[Stored items from a collection]
___

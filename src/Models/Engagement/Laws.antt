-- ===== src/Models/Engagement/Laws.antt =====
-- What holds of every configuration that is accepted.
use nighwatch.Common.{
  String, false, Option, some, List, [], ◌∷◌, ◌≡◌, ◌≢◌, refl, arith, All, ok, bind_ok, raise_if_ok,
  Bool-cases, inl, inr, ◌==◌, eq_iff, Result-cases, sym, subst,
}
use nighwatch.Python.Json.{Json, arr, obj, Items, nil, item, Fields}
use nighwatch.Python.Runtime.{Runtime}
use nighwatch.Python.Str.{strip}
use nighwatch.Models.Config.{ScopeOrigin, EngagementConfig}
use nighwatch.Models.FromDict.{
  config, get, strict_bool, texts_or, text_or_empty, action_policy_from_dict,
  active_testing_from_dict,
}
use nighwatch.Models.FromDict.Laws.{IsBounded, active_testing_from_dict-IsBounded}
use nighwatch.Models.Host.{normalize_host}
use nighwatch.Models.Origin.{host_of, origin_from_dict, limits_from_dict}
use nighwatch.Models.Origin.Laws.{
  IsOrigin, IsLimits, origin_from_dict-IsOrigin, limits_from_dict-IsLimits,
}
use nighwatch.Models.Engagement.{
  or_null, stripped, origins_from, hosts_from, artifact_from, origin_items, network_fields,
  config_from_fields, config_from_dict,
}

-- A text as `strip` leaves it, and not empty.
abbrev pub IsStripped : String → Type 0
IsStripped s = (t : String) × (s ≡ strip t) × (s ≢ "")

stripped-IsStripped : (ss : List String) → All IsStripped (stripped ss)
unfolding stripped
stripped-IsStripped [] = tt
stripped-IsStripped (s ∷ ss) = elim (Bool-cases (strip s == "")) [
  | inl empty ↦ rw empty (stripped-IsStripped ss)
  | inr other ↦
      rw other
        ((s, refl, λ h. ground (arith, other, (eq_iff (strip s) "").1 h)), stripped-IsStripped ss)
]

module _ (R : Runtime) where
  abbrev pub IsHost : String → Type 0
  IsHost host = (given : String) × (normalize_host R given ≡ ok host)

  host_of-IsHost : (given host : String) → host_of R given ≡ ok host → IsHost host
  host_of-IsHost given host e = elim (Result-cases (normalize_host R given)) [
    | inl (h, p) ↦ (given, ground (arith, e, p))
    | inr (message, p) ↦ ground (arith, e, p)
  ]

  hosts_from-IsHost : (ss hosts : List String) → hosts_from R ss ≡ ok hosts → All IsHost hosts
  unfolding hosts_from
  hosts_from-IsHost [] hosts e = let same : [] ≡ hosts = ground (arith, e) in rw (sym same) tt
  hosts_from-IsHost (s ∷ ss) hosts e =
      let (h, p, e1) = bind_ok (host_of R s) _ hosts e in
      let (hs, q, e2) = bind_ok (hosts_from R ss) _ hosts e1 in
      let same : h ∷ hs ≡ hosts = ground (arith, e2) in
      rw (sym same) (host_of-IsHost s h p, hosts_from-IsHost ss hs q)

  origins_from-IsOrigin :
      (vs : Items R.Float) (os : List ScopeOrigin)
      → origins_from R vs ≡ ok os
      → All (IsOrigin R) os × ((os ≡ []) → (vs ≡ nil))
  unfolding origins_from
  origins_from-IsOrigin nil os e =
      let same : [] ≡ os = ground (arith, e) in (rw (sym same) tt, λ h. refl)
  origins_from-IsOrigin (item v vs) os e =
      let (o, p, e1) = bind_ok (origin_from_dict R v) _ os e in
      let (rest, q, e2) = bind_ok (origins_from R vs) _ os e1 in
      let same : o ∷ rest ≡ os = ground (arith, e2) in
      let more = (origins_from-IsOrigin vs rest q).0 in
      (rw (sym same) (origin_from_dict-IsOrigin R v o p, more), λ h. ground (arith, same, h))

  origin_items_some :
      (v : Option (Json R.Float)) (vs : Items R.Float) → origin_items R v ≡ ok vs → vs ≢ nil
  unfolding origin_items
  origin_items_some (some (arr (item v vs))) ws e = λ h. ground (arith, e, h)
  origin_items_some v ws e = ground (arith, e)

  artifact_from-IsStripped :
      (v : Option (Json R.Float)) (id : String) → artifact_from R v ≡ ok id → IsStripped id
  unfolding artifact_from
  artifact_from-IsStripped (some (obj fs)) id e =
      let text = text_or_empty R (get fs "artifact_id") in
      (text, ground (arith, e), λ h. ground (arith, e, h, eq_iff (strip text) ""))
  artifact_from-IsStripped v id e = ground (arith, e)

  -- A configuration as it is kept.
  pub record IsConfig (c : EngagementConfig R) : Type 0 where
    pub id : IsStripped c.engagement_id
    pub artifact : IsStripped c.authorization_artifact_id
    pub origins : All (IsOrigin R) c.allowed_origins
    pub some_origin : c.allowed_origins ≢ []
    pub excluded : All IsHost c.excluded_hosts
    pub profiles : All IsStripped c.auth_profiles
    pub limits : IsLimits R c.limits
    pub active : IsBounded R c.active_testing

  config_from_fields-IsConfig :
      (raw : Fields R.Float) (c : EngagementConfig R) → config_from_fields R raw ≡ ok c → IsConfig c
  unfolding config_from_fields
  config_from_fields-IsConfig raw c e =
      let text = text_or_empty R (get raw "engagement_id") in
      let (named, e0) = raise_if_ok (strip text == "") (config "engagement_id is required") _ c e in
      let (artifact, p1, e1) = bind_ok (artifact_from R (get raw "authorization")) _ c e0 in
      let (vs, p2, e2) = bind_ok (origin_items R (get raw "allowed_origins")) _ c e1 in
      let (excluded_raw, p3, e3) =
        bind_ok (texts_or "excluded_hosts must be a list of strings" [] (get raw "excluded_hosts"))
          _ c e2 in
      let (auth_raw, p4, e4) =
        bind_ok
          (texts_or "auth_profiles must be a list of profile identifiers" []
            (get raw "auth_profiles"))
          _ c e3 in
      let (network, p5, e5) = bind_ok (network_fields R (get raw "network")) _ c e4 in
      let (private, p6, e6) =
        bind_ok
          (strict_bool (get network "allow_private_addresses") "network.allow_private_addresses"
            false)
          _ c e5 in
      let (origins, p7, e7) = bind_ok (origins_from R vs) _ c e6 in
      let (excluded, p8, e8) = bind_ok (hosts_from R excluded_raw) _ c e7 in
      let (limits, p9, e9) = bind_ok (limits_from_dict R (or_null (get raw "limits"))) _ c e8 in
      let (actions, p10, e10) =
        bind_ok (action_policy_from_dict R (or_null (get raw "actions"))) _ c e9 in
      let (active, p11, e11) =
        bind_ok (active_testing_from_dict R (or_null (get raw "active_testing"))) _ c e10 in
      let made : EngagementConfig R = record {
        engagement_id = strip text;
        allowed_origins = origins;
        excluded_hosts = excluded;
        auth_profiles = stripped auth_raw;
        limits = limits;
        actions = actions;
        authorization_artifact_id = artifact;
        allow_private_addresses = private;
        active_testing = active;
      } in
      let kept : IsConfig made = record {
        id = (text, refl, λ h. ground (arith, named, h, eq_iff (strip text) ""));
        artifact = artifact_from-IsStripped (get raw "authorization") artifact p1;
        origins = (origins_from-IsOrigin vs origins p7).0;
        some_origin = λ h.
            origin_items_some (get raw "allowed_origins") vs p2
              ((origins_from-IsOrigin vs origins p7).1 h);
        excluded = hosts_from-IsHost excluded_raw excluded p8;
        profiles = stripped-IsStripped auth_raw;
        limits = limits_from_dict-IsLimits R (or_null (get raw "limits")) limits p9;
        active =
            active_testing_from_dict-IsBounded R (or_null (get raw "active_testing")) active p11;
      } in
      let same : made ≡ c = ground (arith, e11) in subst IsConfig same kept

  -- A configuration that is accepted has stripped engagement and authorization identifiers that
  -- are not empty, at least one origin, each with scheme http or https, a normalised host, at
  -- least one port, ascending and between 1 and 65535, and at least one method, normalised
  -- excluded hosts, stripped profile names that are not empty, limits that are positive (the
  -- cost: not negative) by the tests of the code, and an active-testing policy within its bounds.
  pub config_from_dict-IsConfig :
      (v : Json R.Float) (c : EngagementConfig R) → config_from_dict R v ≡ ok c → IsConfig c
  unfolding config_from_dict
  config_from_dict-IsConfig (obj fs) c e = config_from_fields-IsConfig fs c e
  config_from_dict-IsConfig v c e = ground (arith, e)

___

Directions for this task:
Only the lines from the one containing "limits = limits_from_dict-IsLimits" through the end of the records above belong in the answer, each exactly as written.

Answer space:
        limits = limits_from_dict-IsLimits R (or_null (get raw "limits")) limits p9;
        active =
            active_testing_from_dict-IsBounded R (or_null (get raw "active_testing")) active p11;
      } in
      let same : made ≡ c = ground (arith, e11) in subst IsConfig same kept

  -- A configuration that is accepted has stripped engagement and authorization identifiers that
  -- are not empty, at least one origin, each with scheme http or https, a normalised host, at
  -- least one port, ascending and between 1 and 65535, and at least one method, normalised
  -- excluded hosts, stripped profile names that are not empty, limits that are positive (the
  -- cost: not negative) by the tests of the code, and an active-testing policy within its bounds.
  pub config_from_dict-IsConfig :
      (v : Json R.Float) (c : EngagementConfig R) → config_from_dict R v ≡ ok c → IsConfig c
  unfolding config_from_dict
  config_from_dict-IsConfig (obj fs) c e = config_from_fields-IsConfig fs c e
  config_from_dict-IsConfig v c e = ground (arith, e)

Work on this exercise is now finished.